Saat itu, Mul datang ke toko milik Sup, 53 dan berpura-pura membeli sesuatu.
Namun saat korban lengah, Mul membawa kabur motor korban yang diparkir di depan toko. Yaitu, Honda Revo warna biru yang kuncinya tidak dilepas.
“Setelah motor dibawa kabur, ada perangkat Desa Wonokerto yang langsung menginformasikan kejadian tersebut pada warga Sapikerep. Warga kemudian bersama-sama mencari para pelaku,” terang Kasun Tambak, Desa Sapikerep, Sukapura, Adiono.
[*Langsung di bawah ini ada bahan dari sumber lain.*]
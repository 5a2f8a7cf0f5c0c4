-- ===== src/ReplMaster/Ring.antt =====
-- The ring buffer beside the whole stream of bytes that were fed.
use lightkv.Prelude.{
  ℕ, zero, suc, ◌+◌, ◌-◌, ◌%◌, ◌≤◌, ◌<◌, ◌≡◌, ◌≢◌, refl, sym, ap, ◌∙◌, arith, true, false, List, [],
  ◌∷◌, ◌++◌, length, get_or, set, drop, ltb, leb, if◌then◌else◌, ◌||◌, ◌&&◌, length-append,
  length-set, length-replicate, append_assoc, append-nil, Bool-cases, inl, inr,
}
use native.Mathlib.Nat.{mod-add-mod, mod-lt, mod-eq_of_lt, mod-eq-sub-mod}
use native.Mathlib.Decide.{dec_lt}
use lightkv.ReplMaster.{
  ReplMaster, feed_loop, trim_first, feed, ring_bytes, get_backlog_from, new_master,
}

-- Two positions less than the size apart are in different slots.
mod_apart : (s i d : ℕ) → 0 < d → d < s → i % s ≢ (i + d) % s
mod_apart s i d h k e =
    let r : ℕ = i % s in
    let wrapped : r ≡ (r + d) % s = e ∙ sym (mod-add-mod i s d) in
    let small : r < s = mod-lt i (omega arith) in
    elim (dec_lt (r + d) s) [
      | yes below ↦ omega (arith, wrapped, mod-eq_of_lt below)
      | no above ↦
          let over : s ≤ r + d = omega arith in
          let rest : r + d - s < s = omega arith in
          omega (arith, wrapped, mod-eq-sub-mod over, mod-eq_of_lt rest)
    ]

get_or-set_self : (l : List ℕ) (i v : ℕ) → i < length l → get_or (set l i v) i 0 ≡ v
get_or-set_self [] i v h = absurd (omega arith)
get_or-set_self (x ∷ l) zero v h = refl
get_or-set_self (x ∷ l) (suc i) v h = get_or-set_self l i v (omega arith)

get_or-set_other : (l : List ℕ) (i j v : ℕ) → i ≢ j → get_or (set l i v) j 0 ≡ get_or l j 0
get_or-set_other [] i j v h = refl
get_or-set_other (x ∷ l) zero zero v h = absurd (h refl)
get_or-set_other (x ∷ l) zero (suc j) v h = refl
get_or-set_other (x ∷ l) (suc i) zero v h = refl
get_or-set_other (x ∷ l) (suc i) (suc j) v h = get_or-set_other l i j v (λ e. h (ap suc e))

get_or-append_lt : (l : List ℕ) (b i : ℕ) → i < length l → get_or (l ++ b ∷ []) i 0 ≡ get_or l i 0
get_or-append_lt [] b i h = absurd (omega arith)
get_or-append_lt (x ∷ l) b zero h = refl
get_or-append_lt (x ∷ l) b (suc i) h = get_or-append_lt l b i (omega arith)

get_or-append_end : (l : List ℕ) (b : ℕ) → get_or (l ++ b ∷ []) (length l) 0 ≡ b
get_or-append_end [] b = refl
get_or-append_end (x ∷ l) b = get_or-append_end l b

-- The ring holds the last bytes of the stream `h`, as many as it has slots.
pub record Mirrors (h : List ℕ) (m : ReplMaster) : Type 0 where
  pub offset : m.repl_offset ≡ length h
  pub slots : length m.backlog ≡ m.backlog_size
  pub some_room : 0 < m.backlog_size
  pub recent :
      (i : ℕ)
      → i < length h
      → length h ≤ i + m.backlog_size
      → get_or m.backlog (i % m.backlog_size) 0 ≡ get_or h i 0

-- And what it says to hold, it holds.
pub record Holds (h : List ℕ) (m : ReplMaster) : Type 0 where
  pub mirrors : Mirrors h m
  pub first_le : m.backlog_first_offset ≤ length h
  pub within : length h ≤ m.backlog_first_offset + m.backlog_size

feed_byte-Mirrors :
    (h : List ℕ) (b : ℕ) (m : ReplMaster)
    → Mirrors h m
    → Mirrors (h ++ b ∷ []) (record m {
      backlog = set m.backlog (m.repl_offset % m.backlog_size) b;
      repl_offset = m.repl_offset + 1;
    })
feed_byte-Mirrors h b m ok = record {
  offset = omega (arith, ok.offset, length-append h (b ∷ []));
  slots = length-set m.backlog (m.repl_offset % m.backlog_size) b ∙ ok.slots;
  some_room = ok.some_room;
  recent = λ i lt near. elim (dec_lt i (length h)) [
    | yes older ↦
        let d : ℕ = length h - i in
        let apart =
          mod_apart m.backlog_size i d (omega arith) (omega (arith, length-append h (b ∷ []))) in
        get_or-set_other m.backlog (m.repl_offset % m.backlog_size) (i % m.backlog_size) b
          (λ e. apart (sym e ∙ ap (λ k. k % m.backlog_size) (ok.offset ∙ omega arith)))
        ∙ ok.recent i older (omega (arith, length-append h (b ∷ [])))
        ∙ sym (get_or-append_lt h b i older)
    | no newest ↦
        let e : i ≡ m.repl_offset = omega (arith, ok.offset, length-append h (b ∷ [])) in
        ap (λ k. get_or (set m.backlog (m.repl_offset % m.backlog_size) b) (k % m.backlog_size) 0) e
        ∙ get_or-set_self m.backlog (m.repl_offset % m.backlog_size) b
            (omega (arith, ok.slots, mod-lt m.repl_offset ok.some_room))
        ∙ sym (get_or-append_end h b)
        ∙ ap (λ k. get_or (h ++ b ∷ []) k 0) (omega (arith, e, ok.offset))
  ];
}

feed_loop-Mirrors :
    (h cmd : List ℕ) (m : ReplMaster) → Mirrors h m → Mirrors (h ++ cmd) (feed_loop cmd m)
unfolding feed_loop
feed_loop-Mirrors h [] m ok = rw (append-nil h) ok
feed_loop-Mirrors h (b ∷ cmd) m ok =
    rw (← append_assoc h (b ∷ []) cmd)
      (feed_loop-Mirrors (h ++ b ∷ []) cmd _ (feed_byte-Mirrors h b m ok))

feed_loop_keeps :
    (cmd : List ℕ) (m : ReplMaster)
    → ((feed_loop cmd m).backlog_first_offset ≡ m.backlog_first_offset)
      × ((feed_loop cmd m).backlog_size ≡ m.backlog_size)
unfolding feed_loop
feed_loop_keeps [] m = (refl, refl)
feed_loop_keeps (b ∷ cmd) m = feed_loop_keeps cmd _

trim_first-Holds :
    (h : List ℕ) (m : ReplMaster)
    → Mirrors h m
    → m.backlog_first_offset ≤ length h
    → Holds h (trim_first m)
unfolding trim_first
trim_first-Holds h m ok first =
    elim (Bool-cases (ltb m.backlog_size (m.repl_offset - m.backlog_first_offset))) [
      | inl over ↦ rw over (record {
        mirrors = record {
          offset = ok.offset;
          slots = ok.slots;
          some_room = ok.some_room;
          recent = ok.recent;
        };
        first_le = omega (arith, ok.offset);
        within = omega (arith, ok.offset);
      })
      | inr fits ↦
          rw fits (record { mirrors = ok; first_le = first; within = ground (arith, ok.offset) })
    ]

pub new_master-Holds : (repl_id : List ℕ) (size : ℕ) → 0 < size → Holds [] (new_master repl_id size)
unfolding new_master
new_master-Holds repl_id size h = record {
  mirrors = record {
    offset = refl;
    slots = length-replicate size 0;
    some_room = h;
    recent = λ i lt near. absurd (omega arith);
  };
  first_le = omega arith;
  within = omega arith;
}

-- A feed of a command to a master whose ring mirrors a stream: the ring mirrors the stream with the
-- command behind it, and the result is the offset at which the command begins.
pub feed-Holds :
    (h cmd : List ℕ) (m : ReplMaster)
    → Holds h m
    → ((feed cmd m).0 ≡ length h) × Holds (h ++ cmd) (feed cmd m).1
unfolding feed
feed-Holds h cmd m ok =
    let (first, size) = feed_loop_keeps cmd m in
    (
      (ok.mirrors).offset,
      trim_first-Holds (h ++ cmd) (feed_loop cmd m) (feed_loop-Mirrors h cmd m ok.mirrors)
          (omega (arith, first, ok.first_le, length-append h cmd)),
    )

drop_first : (l : List ℕ) (i : ℕ) → i < length l → drop i l ≡ get_or l i 0 ∷ drop (i + 1) l
drop_first [] i h = absurd (omega arith)
drop_first (x ∷ l) zero h = refl
drop_first (x ∷ l) (suc i) h =
    drop_first l i (omega arith)
    ∙ ap (λ k. get_or l i 0 ∷ drop k (x ∷ l)) {x = suc (i + 1)} {y = suc i + 1} (omega arith)

drop_end : (l : List ℕ) → drop (length l) l ≡ []
drop_end [] = refl
drop_end (x ∷ l) = drop_end l

ring_bytes-drop :
    (h : List ℕ) (m : ReplMaster) (len offset : ℕ)
    → Mirrors h m
    → offset + len ≡ length h
    → length h ≤ offset + m.backlog_size
    → ring_bytes len offset m ≡ drop offset h
unfolding ring_bytes
ring_bytes-drop h m zero offset ok e near = sym (drop_end h) ∙ ap (λ k. drop k h) (omega arith)
ring_bytes-drop h m (suc len) offset ok e near =
    ap (λ b. b ∷ ring_bytes len (offset + 1) m) (ok.recent offset (omega arith) near)
    ∙ ap (λ l. get_or h offset 0 ∷ l)
        (ring_bytes-drop h m len (offset + 1) ok (omega arith) (omega arith))
    ∙ sym (drop_first h offset (omega arith))

-- What the backlog gives from an offset on: all bytes of the stream from there, if the ring still
-- has them, and nothing otherwise.
pub get_backlog_from-drop :
    (h : List ℕ) (m : ReplMaster) (offset : ℕ)
    → Holds h m
    → get_backlog_from offset m
      ≡ (if leb m.backlog_first_offset offset && leb offset (length h) then drop offset h else [])
unfolding get_backlog_from
get_backlog_from-drop h m offset ok =
    elim (Bool-cases (leb m.backlog_first_offset offset && leb offset (length h))) [
      | inl there ↦
          let fine : ltb offset m.backlog_first_offset || ltb m.repl_offset offset ≡ false =
            ground (arith, (ok.mirrors).offset) in
          rw there (
            rw fine (
              ring_bytes-drop h m (m.repl_offset - offset) offset ok.mirrors
                (ground (arith, (ok.mirrors).offset)) (ground (arith, ok.within))))
      | inr gone ↦
          let off : ltb offset m.backlog_first_offset || ltb m.repl_offset offset ≡ true =
            ground (arith, (ok.mirrors).offset) in
          rw gone (rw off refl)
    ]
Tak berselang lama, tiga motor terlihat melintas di wilayah Desa Sapikerep dengan dikendarai empat orang. Jaraknya sekitar empat kilometer dari lokasi pencurian.
Berdasarkan keterangan warga, empat orang itu adalah para terduga pelaku pencurian motor milik Sup.
Dua orang naik sebuah motor berboncengan dan dua orang masing-masing berkendara sendirian. Salah satu motor yang dikendarai sendiri itu adalah milik korban.
“Warga yang sudah mengetahui ciri-ciri motor korban langsung berteriak maling dan mengejar pelaku,” jelasnya.
Panik dikejar warga, salah satu terduga pelaku yang mengendarai motor hasil curian kehilangan kendali saat melintasi jalan menikung.
Pelaku pun terjatuh dan kemudian ditangkap oleh warga. Dia tidak lain Mul.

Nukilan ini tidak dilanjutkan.